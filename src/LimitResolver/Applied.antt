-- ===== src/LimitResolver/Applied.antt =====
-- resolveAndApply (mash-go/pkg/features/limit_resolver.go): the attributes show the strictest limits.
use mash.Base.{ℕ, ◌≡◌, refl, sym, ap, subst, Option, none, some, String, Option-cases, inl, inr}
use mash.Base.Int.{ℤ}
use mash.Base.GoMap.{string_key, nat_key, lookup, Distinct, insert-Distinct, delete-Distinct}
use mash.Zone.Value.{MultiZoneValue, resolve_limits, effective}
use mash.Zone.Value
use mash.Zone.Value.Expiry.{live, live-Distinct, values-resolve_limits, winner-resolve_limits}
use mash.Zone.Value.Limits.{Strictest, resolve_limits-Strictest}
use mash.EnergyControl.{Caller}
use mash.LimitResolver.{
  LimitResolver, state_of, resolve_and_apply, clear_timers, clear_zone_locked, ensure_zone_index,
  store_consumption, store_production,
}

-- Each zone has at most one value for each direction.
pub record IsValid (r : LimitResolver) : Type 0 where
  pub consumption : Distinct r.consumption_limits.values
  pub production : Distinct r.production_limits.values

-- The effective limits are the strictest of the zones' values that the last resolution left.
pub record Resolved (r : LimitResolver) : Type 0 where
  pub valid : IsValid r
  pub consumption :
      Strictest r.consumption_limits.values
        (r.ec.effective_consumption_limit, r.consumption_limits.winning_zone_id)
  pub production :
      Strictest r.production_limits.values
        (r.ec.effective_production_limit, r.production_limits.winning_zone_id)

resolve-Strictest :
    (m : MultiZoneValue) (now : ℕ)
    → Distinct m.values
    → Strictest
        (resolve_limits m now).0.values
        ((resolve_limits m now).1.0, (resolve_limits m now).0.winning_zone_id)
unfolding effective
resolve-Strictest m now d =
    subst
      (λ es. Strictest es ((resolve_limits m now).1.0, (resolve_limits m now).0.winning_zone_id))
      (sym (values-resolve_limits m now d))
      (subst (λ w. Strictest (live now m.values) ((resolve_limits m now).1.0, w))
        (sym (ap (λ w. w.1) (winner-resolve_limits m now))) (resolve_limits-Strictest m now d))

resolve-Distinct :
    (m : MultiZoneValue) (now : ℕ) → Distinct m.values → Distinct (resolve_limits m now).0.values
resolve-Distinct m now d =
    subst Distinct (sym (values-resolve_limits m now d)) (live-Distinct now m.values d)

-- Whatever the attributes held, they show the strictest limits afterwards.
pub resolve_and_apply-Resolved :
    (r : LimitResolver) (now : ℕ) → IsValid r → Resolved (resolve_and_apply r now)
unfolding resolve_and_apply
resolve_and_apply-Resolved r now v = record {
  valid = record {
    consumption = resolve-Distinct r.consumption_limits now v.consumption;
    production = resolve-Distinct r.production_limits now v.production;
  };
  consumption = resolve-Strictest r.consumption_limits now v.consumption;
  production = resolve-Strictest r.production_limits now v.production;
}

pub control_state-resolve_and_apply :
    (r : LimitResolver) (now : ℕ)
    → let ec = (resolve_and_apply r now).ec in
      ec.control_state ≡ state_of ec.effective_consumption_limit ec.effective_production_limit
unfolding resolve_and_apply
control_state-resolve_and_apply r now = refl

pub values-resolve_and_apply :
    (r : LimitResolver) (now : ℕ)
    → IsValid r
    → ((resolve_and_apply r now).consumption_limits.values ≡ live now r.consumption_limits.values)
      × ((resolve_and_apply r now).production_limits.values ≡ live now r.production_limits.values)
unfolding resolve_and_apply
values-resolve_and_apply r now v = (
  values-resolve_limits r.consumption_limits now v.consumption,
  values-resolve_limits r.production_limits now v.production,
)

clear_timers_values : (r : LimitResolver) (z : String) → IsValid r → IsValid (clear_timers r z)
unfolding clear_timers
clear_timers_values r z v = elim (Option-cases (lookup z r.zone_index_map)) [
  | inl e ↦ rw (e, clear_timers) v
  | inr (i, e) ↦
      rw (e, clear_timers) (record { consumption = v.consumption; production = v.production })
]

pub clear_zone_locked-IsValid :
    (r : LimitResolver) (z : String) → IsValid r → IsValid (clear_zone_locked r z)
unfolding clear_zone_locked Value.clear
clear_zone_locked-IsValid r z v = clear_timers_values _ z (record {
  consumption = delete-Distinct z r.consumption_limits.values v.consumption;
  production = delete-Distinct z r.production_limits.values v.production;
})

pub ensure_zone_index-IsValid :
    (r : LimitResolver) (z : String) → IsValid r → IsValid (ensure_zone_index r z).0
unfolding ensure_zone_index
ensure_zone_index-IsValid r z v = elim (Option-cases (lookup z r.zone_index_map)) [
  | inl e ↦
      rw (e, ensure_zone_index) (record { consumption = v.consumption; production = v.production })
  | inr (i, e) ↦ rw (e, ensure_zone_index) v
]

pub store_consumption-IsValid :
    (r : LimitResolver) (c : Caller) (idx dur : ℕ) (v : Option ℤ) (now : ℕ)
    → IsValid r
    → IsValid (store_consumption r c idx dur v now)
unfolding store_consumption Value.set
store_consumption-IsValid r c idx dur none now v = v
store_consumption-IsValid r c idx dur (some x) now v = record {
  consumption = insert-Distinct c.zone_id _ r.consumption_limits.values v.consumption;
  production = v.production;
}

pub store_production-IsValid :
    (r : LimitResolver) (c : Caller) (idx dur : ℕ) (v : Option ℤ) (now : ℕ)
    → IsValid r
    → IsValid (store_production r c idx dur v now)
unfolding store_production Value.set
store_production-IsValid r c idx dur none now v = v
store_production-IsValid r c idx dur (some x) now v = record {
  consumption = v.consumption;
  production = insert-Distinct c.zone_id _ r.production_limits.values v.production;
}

==

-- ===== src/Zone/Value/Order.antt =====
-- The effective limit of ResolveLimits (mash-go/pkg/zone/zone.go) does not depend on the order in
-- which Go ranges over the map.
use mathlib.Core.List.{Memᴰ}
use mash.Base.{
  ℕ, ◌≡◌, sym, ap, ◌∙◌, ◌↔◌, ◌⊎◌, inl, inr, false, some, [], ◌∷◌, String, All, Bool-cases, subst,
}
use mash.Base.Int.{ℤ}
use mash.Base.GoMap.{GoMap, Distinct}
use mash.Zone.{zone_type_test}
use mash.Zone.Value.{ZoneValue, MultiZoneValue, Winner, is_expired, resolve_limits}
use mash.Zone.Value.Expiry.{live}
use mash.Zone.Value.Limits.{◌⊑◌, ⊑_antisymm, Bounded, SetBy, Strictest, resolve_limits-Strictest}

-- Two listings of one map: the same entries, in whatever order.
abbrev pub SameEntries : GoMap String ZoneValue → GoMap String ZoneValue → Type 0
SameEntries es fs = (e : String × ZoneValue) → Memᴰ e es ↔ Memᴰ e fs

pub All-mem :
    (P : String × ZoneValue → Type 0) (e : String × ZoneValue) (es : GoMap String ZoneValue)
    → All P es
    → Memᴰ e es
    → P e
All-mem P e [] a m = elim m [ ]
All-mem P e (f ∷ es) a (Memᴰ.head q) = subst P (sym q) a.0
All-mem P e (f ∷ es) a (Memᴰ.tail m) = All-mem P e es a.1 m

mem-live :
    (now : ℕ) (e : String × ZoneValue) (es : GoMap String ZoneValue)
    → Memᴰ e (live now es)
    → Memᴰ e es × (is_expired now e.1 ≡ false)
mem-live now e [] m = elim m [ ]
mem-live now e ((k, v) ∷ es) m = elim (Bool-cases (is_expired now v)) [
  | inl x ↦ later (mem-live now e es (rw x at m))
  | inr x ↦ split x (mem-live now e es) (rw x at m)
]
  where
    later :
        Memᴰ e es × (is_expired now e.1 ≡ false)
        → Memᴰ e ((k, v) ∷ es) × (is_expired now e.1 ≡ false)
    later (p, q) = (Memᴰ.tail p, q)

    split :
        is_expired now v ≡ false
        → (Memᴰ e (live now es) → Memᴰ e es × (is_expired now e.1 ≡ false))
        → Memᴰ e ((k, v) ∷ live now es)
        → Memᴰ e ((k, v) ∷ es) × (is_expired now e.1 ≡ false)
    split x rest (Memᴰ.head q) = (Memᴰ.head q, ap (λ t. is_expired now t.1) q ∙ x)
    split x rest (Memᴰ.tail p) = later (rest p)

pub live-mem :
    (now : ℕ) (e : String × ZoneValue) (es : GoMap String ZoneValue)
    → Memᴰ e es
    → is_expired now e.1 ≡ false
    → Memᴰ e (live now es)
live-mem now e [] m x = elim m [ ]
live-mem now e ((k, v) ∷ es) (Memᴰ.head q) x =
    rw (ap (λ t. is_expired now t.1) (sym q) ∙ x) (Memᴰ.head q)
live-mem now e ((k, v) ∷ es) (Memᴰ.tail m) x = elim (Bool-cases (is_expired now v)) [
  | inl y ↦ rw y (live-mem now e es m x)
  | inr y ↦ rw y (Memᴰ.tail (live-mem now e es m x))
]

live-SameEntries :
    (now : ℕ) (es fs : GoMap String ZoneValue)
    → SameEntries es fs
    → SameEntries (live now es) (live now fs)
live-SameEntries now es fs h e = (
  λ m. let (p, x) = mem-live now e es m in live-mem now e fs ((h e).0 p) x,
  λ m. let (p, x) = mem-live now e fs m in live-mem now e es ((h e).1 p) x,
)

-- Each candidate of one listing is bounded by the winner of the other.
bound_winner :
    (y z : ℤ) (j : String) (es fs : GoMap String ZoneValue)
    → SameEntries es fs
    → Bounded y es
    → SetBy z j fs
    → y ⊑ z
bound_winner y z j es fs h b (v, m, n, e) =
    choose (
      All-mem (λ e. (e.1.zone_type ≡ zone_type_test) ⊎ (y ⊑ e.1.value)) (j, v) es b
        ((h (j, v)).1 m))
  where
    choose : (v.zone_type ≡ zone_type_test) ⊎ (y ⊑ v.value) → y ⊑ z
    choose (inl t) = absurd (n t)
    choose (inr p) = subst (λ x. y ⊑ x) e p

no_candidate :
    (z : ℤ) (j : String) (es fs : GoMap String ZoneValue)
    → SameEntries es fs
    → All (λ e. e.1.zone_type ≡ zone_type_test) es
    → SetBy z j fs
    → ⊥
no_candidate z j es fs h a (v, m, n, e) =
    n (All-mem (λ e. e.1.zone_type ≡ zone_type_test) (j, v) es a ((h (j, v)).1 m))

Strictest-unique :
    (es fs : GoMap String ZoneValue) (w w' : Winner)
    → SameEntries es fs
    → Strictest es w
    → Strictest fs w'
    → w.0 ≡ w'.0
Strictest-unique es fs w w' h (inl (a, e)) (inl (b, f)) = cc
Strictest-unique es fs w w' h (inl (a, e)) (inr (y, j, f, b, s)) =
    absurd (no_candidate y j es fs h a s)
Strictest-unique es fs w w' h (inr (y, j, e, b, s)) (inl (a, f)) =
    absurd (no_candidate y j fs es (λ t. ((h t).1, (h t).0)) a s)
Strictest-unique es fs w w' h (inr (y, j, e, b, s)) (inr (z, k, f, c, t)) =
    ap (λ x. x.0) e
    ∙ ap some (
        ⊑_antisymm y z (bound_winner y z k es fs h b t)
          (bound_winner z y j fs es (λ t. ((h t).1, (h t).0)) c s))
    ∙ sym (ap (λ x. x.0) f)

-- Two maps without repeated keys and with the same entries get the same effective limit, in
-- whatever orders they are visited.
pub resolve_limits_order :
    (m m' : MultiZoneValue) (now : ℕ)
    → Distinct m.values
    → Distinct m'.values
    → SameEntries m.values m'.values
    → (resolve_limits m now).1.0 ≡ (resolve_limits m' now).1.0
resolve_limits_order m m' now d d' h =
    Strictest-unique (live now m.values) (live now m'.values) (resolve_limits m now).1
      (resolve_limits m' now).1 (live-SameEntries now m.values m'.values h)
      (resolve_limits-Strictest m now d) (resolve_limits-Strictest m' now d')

* Work instructions: In the data above, find the line with "later (p, q) = (Memᴰ.tail p, q)" and the line with "live-SameEntries now es". Retype both, plus every line between them, exactly.

* Written answer:
    later (p, q) = (Memᴰ.tail p, q)

    split :
        is_expired now v ≡ false
        → (Memᴰ e (live now es) → Memᴰ e es × (is_expired now e.1 ≡ false))
        → Memᴰ e ((k, v) ∷ live now es)
        → Memᴰ e ((k, v) ∷ es) × (is_expired now e.1 ≡ false)
    split x rest (Memᴰ.head q) = (Memᴰ.head q, ap (λ t. is_expired now t.1) q ∙ x)
    split x rest (Memᴰ.tail p) = later (rest p)

pub live-mem :
    (now : ℕ) (e : String × ZoneValue) (es : GoMap String ZoneValue)
    → Memᴰ e es
    → is_expired now e.1 ≡ false
    → Memᴰ e (live now es)
live-mem now e [] m x = elim m [ ]
live-mem now e ((k, v) ∷ es) (Memᴰ.head q) x =
    rw (ap (λ t. is_expired now t.1) (sym q) ∙ x) (Memᴰ.head q)
live-mem now e ((k, v) ∷ es) (Memᴰ.tail m) x = elim (Bool-cases (is_expired now v)) [
  | inl y ↦ rw y (live-mem now e es m x)
  | inr y ↦ rw y (Memᴰ.tail (live-mem now e es m x))
]

live-SameEntries :
    (now : ℕ) (es fs : GoMap String ZoneValue)
    → SameEntries es fs
    → SameEntries (live now es) (live now fs)
live-SameEntries now es fs h e = (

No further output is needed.